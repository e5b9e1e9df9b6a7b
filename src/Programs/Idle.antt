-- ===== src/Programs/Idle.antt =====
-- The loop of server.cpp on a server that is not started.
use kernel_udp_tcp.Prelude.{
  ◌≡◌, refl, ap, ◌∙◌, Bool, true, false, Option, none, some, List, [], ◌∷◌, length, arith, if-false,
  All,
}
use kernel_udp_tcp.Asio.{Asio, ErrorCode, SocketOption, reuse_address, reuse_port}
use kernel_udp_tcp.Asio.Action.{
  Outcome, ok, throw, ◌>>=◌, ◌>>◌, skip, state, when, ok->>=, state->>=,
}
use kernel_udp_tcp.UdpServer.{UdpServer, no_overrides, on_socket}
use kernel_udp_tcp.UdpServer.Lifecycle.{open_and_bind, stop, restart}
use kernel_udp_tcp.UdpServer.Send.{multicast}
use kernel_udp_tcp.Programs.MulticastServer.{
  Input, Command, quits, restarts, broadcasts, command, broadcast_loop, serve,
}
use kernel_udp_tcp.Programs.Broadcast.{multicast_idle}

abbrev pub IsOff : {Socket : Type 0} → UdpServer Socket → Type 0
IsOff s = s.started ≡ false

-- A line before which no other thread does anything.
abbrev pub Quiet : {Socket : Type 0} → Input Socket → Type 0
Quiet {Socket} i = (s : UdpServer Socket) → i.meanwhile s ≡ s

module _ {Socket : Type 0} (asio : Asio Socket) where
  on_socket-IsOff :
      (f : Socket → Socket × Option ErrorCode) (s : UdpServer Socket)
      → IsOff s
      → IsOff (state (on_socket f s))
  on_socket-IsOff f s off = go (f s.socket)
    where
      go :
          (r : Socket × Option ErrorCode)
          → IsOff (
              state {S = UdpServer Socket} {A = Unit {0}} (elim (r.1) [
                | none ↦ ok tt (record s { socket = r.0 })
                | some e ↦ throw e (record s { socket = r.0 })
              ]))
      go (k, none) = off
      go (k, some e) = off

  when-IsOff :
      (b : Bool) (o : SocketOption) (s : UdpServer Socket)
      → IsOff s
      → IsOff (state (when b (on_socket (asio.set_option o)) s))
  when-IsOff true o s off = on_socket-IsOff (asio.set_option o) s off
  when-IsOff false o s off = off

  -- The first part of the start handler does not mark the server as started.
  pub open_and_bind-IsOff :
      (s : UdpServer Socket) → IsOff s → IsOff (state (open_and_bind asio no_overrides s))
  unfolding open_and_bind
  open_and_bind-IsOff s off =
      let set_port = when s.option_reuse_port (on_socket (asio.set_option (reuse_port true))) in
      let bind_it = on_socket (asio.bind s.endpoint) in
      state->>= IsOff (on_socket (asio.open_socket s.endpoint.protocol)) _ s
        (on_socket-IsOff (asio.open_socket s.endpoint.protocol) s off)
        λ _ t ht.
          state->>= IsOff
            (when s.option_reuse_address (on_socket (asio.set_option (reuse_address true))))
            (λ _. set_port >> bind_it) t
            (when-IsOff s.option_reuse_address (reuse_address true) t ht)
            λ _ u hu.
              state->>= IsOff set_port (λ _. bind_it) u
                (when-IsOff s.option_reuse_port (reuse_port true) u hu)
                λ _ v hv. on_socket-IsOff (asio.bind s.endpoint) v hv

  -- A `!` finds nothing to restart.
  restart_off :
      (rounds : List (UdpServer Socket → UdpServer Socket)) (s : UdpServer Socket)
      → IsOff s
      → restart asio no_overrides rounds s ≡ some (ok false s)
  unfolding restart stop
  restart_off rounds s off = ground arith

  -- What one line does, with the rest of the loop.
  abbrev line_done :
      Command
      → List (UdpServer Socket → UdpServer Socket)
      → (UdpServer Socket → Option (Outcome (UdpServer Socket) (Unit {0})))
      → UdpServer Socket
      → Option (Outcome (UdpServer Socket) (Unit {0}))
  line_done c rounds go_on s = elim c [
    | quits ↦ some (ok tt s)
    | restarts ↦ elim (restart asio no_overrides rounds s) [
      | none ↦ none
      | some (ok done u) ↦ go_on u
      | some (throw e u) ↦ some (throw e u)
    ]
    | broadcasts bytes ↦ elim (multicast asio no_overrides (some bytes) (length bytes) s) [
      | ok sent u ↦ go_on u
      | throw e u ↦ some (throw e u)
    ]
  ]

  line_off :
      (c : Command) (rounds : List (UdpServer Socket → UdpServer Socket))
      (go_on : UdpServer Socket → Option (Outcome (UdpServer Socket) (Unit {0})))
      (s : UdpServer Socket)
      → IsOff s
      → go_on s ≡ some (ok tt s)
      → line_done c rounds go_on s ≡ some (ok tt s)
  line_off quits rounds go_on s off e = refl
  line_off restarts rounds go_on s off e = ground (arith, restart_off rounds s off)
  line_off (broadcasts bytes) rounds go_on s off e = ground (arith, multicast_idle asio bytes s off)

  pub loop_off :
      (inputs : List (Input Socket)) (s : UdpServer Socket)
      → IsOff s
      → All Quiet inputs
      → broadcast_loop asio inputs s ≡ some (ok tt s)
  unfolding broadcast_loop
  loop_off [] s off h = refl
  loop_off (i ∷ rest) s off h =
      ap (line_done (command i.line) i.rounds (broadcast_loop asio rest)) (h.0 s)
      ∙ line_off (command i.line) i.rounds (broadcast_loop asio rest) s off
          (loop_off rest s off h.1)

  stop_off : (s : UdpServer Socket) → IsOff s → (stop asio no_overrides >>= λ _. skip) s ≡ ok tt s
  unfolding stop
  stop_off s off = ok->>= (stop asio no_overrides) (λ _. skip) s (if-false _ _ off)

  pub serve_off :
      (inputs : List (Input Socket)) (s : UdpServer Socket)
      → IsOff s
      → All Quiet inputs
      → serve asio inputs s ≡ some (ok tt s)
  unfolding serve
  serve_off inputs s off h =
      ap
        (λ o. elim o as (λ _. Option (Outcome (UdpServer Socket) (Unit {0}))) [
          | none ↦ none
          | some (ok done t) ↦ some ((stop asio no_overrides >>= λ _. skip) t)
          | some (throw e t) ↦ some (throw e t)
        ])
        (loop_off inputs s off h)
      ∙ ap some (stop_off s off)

Description of the task: Output the full set of entries exactly as they were given.

Written response:
repository e5b9e1e9df9b6a7b
filename src/Programs/Idle.antt
-- ===== src/Programs/Idle.antt =====
-- The loop of server.cpp on a server that is not started.
use kernel_udp_tcp.Prelude.{
  ◌≡◌, refl, ap, ◌∙◌, Bool, true, false, Option, none, some, List, [], ◌∷◌, length, arith, if-false,
  All,
}
use kernel_udp_tcp.Asio.{Asio, ErrorCode, SocketOption, reuse_address, reuse_port}
use kernel_udp_tcp.Asio.Action.{
  Outcome, ok, throw, ◌>>=◌, ◌>>◌, skip, state, when, ok->>=, state->>=,
}
use kernel_udp_tcp.UdpServer.{UdpServer, no_overrides, on_socket}
use kernel_udp_tcp.UdpServer.Lifecycle.{open_and_bind, stop, restart}
use kernel_udp_tcp.UdpServer.Send.{multicast}
use kernel_udp_tcp.Programs.MulticastServer.{
  Input, Command, quits, restarts, broadcasts, command, broadcast_loop, serve,
}
use kernel_udp_tcp.Programs.Broadcast.{multicast_idle}

abbrev pub IsOff : {Socket : Type 0} → UdpServer Socket → Type 0
IsOff s = s.started ≡ false

-- A line before which no other thread does anything.
abbrev pub Quiet : {Socket : Type 0} → Input Socket → Type 0
Quiet {Socket} i = (s : UdpServer Socket) → i.meanwhile s ≡ s

module _ {Socket : Type 0} (asio : Asio Socket) where
  on_socket-IsOff :
      (f : Socket → Socket × Option ErrorCode) (s : UdpServer Socket)
      → IsOff s
      → IsOff (state (on_socket f s))
  on_socket-IsOff f s off = go (f s.socket)
    where
      go :
          (r : Socket × Option ErrorCode)
          → IsOff (
              state {S = UdpServer Socket} {A = Unit {0}} (elim (r.1) [
                | none ↦ ok tt (record s { socket = r.0 })
                | some e ↦ throw e (record s { socket = r.0 })
              ]))
      go (k, none) = off
      go (k, some e) = off

  when-IsOff :
      (b : Bool) (o : SocketOption) (s : UdpServer Socket)
      → IsOff s
      → IsOff (state (when b (on_socket (asio.set_option o)) s))
  when-IsOff true o s off = on_socket-IsOff (asio.set_option o) s off
  when-IsOff false o s off = off

  -- The first part of the start handler does not mark the server as started.
  pub open_and_bind-IsOff :
      (s : UdpServer Socket) → IsOff s → IsOff (state (open_and_bind asio no_overrides s))
  unfolding open_and_bind
  open_and_bind-IsOff s off =
      let set_port = when s.option_reuse_port (on_socket (asio.set_option (reuse_port true))) in
      let bind_it = on_socket (asio.bind s.endpoint) in
      state->>= IsOff (on_socket (asio.open_socket s.endpoint.protocol)) _ s
        (on_socket-IsOff (asio.open_socket s.endpoint.protocol) s off)
        λ _ t ht.
          state->>= IsOff
            (when s.option_reuse_address (on_socket (asio.set_option (reuse_address true))))
            (λ _. set_port >> bind_it) t
            (when-IsOff s.option_reuse_address (reuse_address true) t ht)
            λ _ u hu.
              state->>= IsOff set_port (λ _. bind_it) u
                (when-IsOff s.option_reuse_port (reuse_port true) u hu)
                λ _ v hv. on_socket-IsOff (asio.bind s.endpoint) v hv

  -- A `!` finds nothing to restart.
  restart_off :
      (rounds : List (UdpServer Socket → UdpServer Socket)) (s : UdpServer Socket)
      → IsOff s
      → restart asio no_overrides rounds s ≡ some (ok false s)
  unfolding restart stop
  restart_off rounds s off = ground arith

  -- What one line does, with the rest of the loop.
  abbrev line_done :
      Command
      → List (UdpServer Socket → UdpServer Socket)
      → (UdpServer Socket → Option (Outcome (UdpServer Socket) (Unit {0})))
      → UdpServer Socket
      → Option (Outcome (UdpServer Socket) (Unit {0}))
  line_done c rounds go_on s = elim c [
    | quits ↦ some (ok tt s)
    | restarts ↦ elim (restart asio no_overrides rounds s) [
      | none ↦ none
      | some (ok done u) ↦ go_on u
      | some (throw e u) ↦ some (throw e u)
    ]
    | broadcasts bytes ↦ elim (multicast asio no_overrides (some bytes) (length bytes) s) [
      | ok sent u ↦ go_on u
      | throw e u ↦ some (throw e u)
    ]
  ]

  line_off :
      (c : Command) (rounds : List (UdpServer Socket → UdpServer Socket))
      (go_on : UdpServer Socket → Option (Outcome (UdpServer Socket) (Unit {0})))
      (s : UdpServer Socket)
      → IsOff s
      → go_on s ≡ some (ok tt s)
      → line_done c rounds go_on s ≡ some (ok tt s)
  line_off quits rounds go_on s off e = refl
  line_off restarts rounds go_on s off e = ground (arith, restart_off rounds s off)
  line_off (broadcasts bytes) rounds go_on s off e = ground (arith, multicast_idle asio bytes s off)

  pub loop_off :
      (inputs : List (Input Socket)) (s : UdpServer Socket)
      → IsOff s
      → All Quiet inputs
      → broadcast_loop asio inputs s ≡ some (ok tt s)
  unfolding broadcast_loop
  loop_off [] s off h = refl
  loop_off (i ∷ rest) s off h =
      ap (line_done (command i.line) i.rounds (broadcast_loop asio rest)) (h.0 s)
      ∙ line_off (command i.line) i.rounds (broadcast_loop asio rest) s off
          (loop_off rest s off h.1)

  stop_off : (s : UdpServer Socket) → IsOff s → (stop asio no_overrides >>= λ _. skip) s ≡ ok tt s
  unfolding stop
  stop_off s off = ok->>= (stop asio no_overrides) (λ _. skip) s (if-false _ _ off)

  pub serve_off :
      (inputs : List (Input Socket)) (s : UdpServer Socket)
      → IsOff s
      → All Quiet inputs
      → serve asio inputs s ≡ some (ok tt s)
  unfolding serve
  serve_off inputs s off h =
      ap
        (λ o. elim o as (λ _. Option (Outcome (UdpServer Socket) (Unit {0}))) [
          | none ↦ none
          | some (ok done t) ↦ some ((stop asio no_overrides >>= λ _. skip) t)
          | some (throw e t) ↦ some (throw e t)
        ])
        (loop_off inputs s off h)
      ∙ ap some (stop_off s off)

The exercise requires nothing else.